Current prevention and intervention techniques are not effective enough in targeting persons at low or moderate risk for stroke, the groups in whom most strokes occur. New effective and affordable primary prevention strategies for stroke and other NCDs are urgently needed.

The Stroke Riskometer App uses the smartphone platform to provide individualized stroke risk assessments.

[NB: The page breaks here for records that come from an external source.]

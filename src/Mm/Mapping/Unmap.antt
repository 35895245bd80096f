-- ===== src/Mm/Mapping/Unmap.antt =====
-- `OffsetMapper::unmap_page_inner` of mm/src/mapper.rs.
pub mod Kept
use old_boruixkernel.Common.{
  ℕ, zero, suc, ◌+◌, ◌-◌, ◌/◌, ◌%◌, ◌^◌, Bool, true, false, Option, none, some, List, [], ◌∷◌, ltb,
  ◌==◌, ◌&&◌, if◌then◌else◌,
}
use old_boruixkernel.Mm.Rmap.{rmap_remove, migration_read_lock}
use old_boruixkernel.Mm.Paging.{
  p4_index, p3_index, p2_index, p1_index, present, user_accessible, huge_page, entry_addr,
}
use old_boruixkernel.Mm.Mapping.{Memory, Counts, Ending, done, failed, page_not_mapped, table_count}

unfoldable pub dec_table_count : ℕ → Counts → Counts
dec_table_count phys none = none
dec_table_count phys (some (len, counts)) =
    if ltb (phys / 4096) len
    then some (len, λ i. if i == phys / 4096 then (counts i + 2 ^ 16 - 1) % 2 ^ 16 else counts i)
    else some (len, counts)

-- `PageTable::used_count`, over the first `n` entries.
unfoldable pub used_count : (ℕ → ℕ → Bool) → (ℕ → ℕ) → ℕ → ℕ
used_count has entries zero = 0
used_count has entries (suc n) =
    (if has (entries n) present then 1 else 0) + used_count has entries n

unfoldable pub table_empty : (ℕ → ℕ → Bool) → ℕ → Memory → Bool
unfolding used_count table_count
table_empty has table m = elim (table_count table m.counts) [
  | none ↦ used_count has (m.entries table) 512 == 0
  | some n ↦ n == 0
]

-- `set_unused` and the count that goes with it.
abbrev pub clear_entry : ℕ → ℕ → Memory → Memory
clear_entry table index m = record m {
  entries = λ t i. if (t == table) && (i == index) then 0 else m.entries t i;
  counts = dec_table_count table m.counts;
}

-- The frame of an empty table goes back, and so does its entry in the table above.
abbrev pub free_table : (ℕ → ℕ → Bool) → ℕ → ℕ → ℕ → Memory → Memory × Bool
free_table has table parent index m =
    if table_empty has table m
    then (
      clear_entry parent index (record m { freed = entry_addr (m.entries parent index) ∷ m.freed }),
      true,
    )
    else (m, false)

abbrev pub then_free : Memory × Bool → (Memory → Memory) → Memory
then_free (m, true) f = f m
then_free (m, false) f = m

abbrev pub free_p3 : (ℕ → ℕ → Bool) → ℕ → ℕ → ℕ → Memory → Memory
free_p3 has p4 page p3 m = (free_table has p3 p4 (p4_index page) m).0

abbrev pub free_p2 : (ℕ → ℕ → Bool) → ℕ → ℕ → ℕ → ℕ → Memory → Memory
free_p2 has p4 page p3 p2 m =
    then_free (free_table has p2 p3 (p3_index page) m) (free_p3 has p4 page p3)

abbrev pub free_p1 : (ℕ → ℕ → Bool) → ℕ → ℕ → ℕ → ℕ → ℕ → Memory → Memory
free_p1 has p4 page p3 p2 p1 m =
    then_free (free_table has p1 p2 (p2_index page) m) (free_p2 has p4 page p3 p2)

unfoldable pub unmap_p1 : (ℕ → ℕ → Bool) → ℕ → ℕ → ℕ → ℕ → ℕ → Memory → Memory × Ending ℕ
unfolding table_empty
unmap_p1 has p4 page p3 p2 p1 m =
    let entry = m.entries p1 (p1_index page) in
    if has entry present
    then (let m' = clear_entry p1 (p1_index page) m in
        (
          free_p1 has p4 page p3 p2 p1 (
              if has entry user_accessible
              then record m' { rmap = rmap_remove (entry_addr entry) p4 page m'.rmap }
              else m'),
          done (entry_addr entry),
        ))
    else (m, failed page_not_mapped)

unfoldable pub unmap_p2 : (ℕ → ℕ → Bool) → ℕ → ℕ → ℕ → ℕ → Memory → Memory × Ending ℕ
unfolding table_empty unmap_p1
unmap_p2 has p4 page p3 p2 m =
    let entry = m.entries p2 (p2_index page) in
    if has entry present
    then if has entry huge_page
      then (free_p2 has p4 page p3 p2 (clear_entry p2 (p2_index page) m), done (entry_addr entry))
      else unmap_p1 has p4 page p3 p2 (entry_addr entry) m
    else (m, failed page_not_mapped)

unfoldable pub unmap_p3 : (ℕ → ℕ → Bool) → ℕ → ℕ → ℕ → Memory → Memory × Ending ℕ
unfolding table_empty unmap_p2
unmap_p3 has p4 page p3 m =
    let entry = m.entries p3 (p3_index page) in
    if has entry present
    then if has entry huge_page
      then (free_p3 has p4 page p3 (clear_entry p3 (p3_index page) m), done (entry_addr entry))
      else unmap_p2 has p4 page p3 (entry_addr entry) m
    else (m, failed page_not_mapped)

unfoldable pub unmap_page_inner : (ℕ → ℕ → Bool) → ℕ → ℕ → Memory → Memory × Ending ℕ
unfolding unmap_p3
unmap_page_inner has p4 page m =
    let entry = m.entries p4 (p4_index page) in
    if has entry present
    then unmap_p3 has p4 page (entry_addr entry) m
    else (m, failed page_not_mapped)

-- `unmap_page` and `unmap_page_noflush`.
unfoldable pub unmap_page : (ℕ → ℕ → Bool) → ℕ → ℕ → Memory → Memory × Ending ℕ
unfolding unmap_page_inner
unmap_page has p4 page m =
    unmap_page_inner has p4 page (record m { rmap = migration_read_lock m.rmap })
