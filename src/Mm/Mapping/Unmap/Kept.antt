-- ===== src/Mm/Mapping/Unmap/Kept.antt =====
-- A page that is unmapped from a table that other pages are counted in.
use old_boruixkernel.Common.{
  ℕ, ◌+◌, ◌/◌, ◌^◌, ◌<◌, ◌≡◌, refl, ap, ◌∙◌, Bool, true, false, some, ltb, ◌==◌, ◌&&◌,
  if◌then◌else◌, arith, Bool-cases, inl, inr,
}
use old_boruixkernel.Mm.Paging.{p1_index, present, user_accessible, entry_addr}
use old_boruixkernel.Mm.Rmap.{rmap_remove}
use old_boruixkernel.Mm.Mapping.{Memory, done, table_count}
use old_boruixkernel.Mm.Mapping.Unmap.{dec_table_count, table_empty, clear_entry, unmap_p1, free_p1}

-- A table that is counted to hold an entry is not freed.
nothing_freed :
    (has : ℕ → ℕ → Bool) (p4 page p3 p2 p1 n : ℕ) (m : Memory)
    → table_count p1 m.counts ≡ some (n + 1)
    → free_p1 has p4 page p3 p2 p1 m ≡ m
unfolding table_empty
nothing_freed has p4 page p3 p2 p1 n m e =
    let more : (n + 1 == 0) ≡ false = ground arith in
    let kept : table_empty has p1 m ≡ false = rw (e, table_empty) more in rw kept refl

counted_down :
    (p1 len n : ℕ) (counts : ℕ → ℕ)
    → p1 / 4096 < len
    → counts (p1 / 4096) ≡ n + 2
    → n + 2 < 2 ^ 16
    → table_count p1 (dec_table_count p1 (some (len, counts))) ≡ some (n + 1)
unfolding dec_table_count table_count
counted_down p1 len n counts below count small =
    let in_len : ltb (p1 / 4096) len ≡ true = ground arith in
    rw (dec_table_count, in_len) (rw (table_count, in_len) (ap some (ground arith)))

-- Where the count of the last table says that it holds more than the page, the removal of the page
-- clears its entry and no other, frees no table, and returns the frame of the entry.
pub unmap_p1_keeps :
    (has : ℕ → ℕ → Bool) (p4 page p3 p2 p1 len n : ℕ) (counts : ℕ → ℕ) (m : Memory)
    → has (m.entries p1 (p1_index page)) present ≡ true
    → m.counts ≡ some (len, counts)
    → p1 / 4096 < len
    → counts (p1 / 4096) ≡ n + 2
    → n + 2 < 2 ^ 16
    → let (m', r) = unmap_p1 has p4 page p3 p2 p1 m in
      (r ≡ done (entry_addr (m.entries p1 (p1_index page))))
      × ((t i : ℕ)
          → m'.entries t i ≡ (if (t == p1) && (i == p1_index page) then 0 else m.entries t i))
      × (m'.freed ≡ m.freed)
      × (table_count p1 m'.counts ≡ some (n + 1))
unfolding unmap_p1
unmap_p1_keeps has p4 page p3 p2 p1 len n counts m there c below count small =
    let entry = m.entries p1 (p1_index page) in
    let cleared = clear_entry p1 (p1_index page) m in
    let total : table_count p1 cleared.counts ≡ some (n + 1) =
      rw c (counted_down p1 len n counts below count small) in
    elim (Bool-cases (has entry user_accessible)) [
      | inl user ↦
          let kept =
            nothing_freed has p4 page p3 p2 p1 n
              (record cleared { rmap = rmap_remove (entry_addr entry) p4 page cleared.rmap })
              total in
          rw (unmap_p1, there, user)
            (
              refl,
              (λ t i. ap (λ x. x.entries t i) kept),
              ap (λ x. x.freed) kept,
              ap (λ x. table_count p1 x.counts) kept ∙ total,
            )
      | inr kernel ↦
          let kept = nothing_freed has p4 page p3 p2 p1 n cleared total in
          rw (unmap_p1, there, kernel)
            (
              refl,
              (λ t i. ap (λ x. x.entries t i) kept),
              ap (λ x. x.freed) kept,
              ap (λ x. table_count p1 x.counts) kept ∙ total,
            )
    ]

The new app will be used to inform a significant proportion of the global population about stroke risk and how to reduce it.

6.Phasing In Stroke Reduction With Mobile Technology

The Reducing the International Burden of Stroke Using Mobile Technology Study includes 5 phases:

  • Evaluate the prevalence of stroke, heart attack, type 2 diabetes, traumatic brain injury, and dementia and their risk factors in various countries and demographic groups.
  • Determine an etiologic role of lifestyle, environmental, ociodemographic, and pathophysiological factors in the occurrence of these disorders-emphasis on modifiable risk factors.
  • Develop specific algorithms (and associated apps) for prediction of stroke and these other disorders for specific countries and populations.
  • Develop and test in a randomized controlled trial setting culturally appropriate smartphone-based interventions (cognitive-behavioral) for primary prevention of these disorders.
  • Update/implement country-specific apps for primary NCDs prevention.

Take-aways:

Patients with AFib at high risk for stroke may be identified by MRI scans of the heart.

Insomnia after stroke is correlated with health-related quality of life as well as physical disability, dementia, anxiety, depression, and fatigue.

Air pollution is associated with insidious effects on structural brain aging even in dementia- and stroke-free persons.

Most women don’t know the risks or symptoms females face when having a stroke. They think of stroke as a man’s disease.

A new study is designed to use mobile technology to reduce the international burden of stroke. A new app will be used to inform patients about stroke risk and how to reduce it.

The Reducing the International Burden of Stroke Using Mobile Technology Study has 5 phases, starting with evaluation of stroke prevalence and risk factors.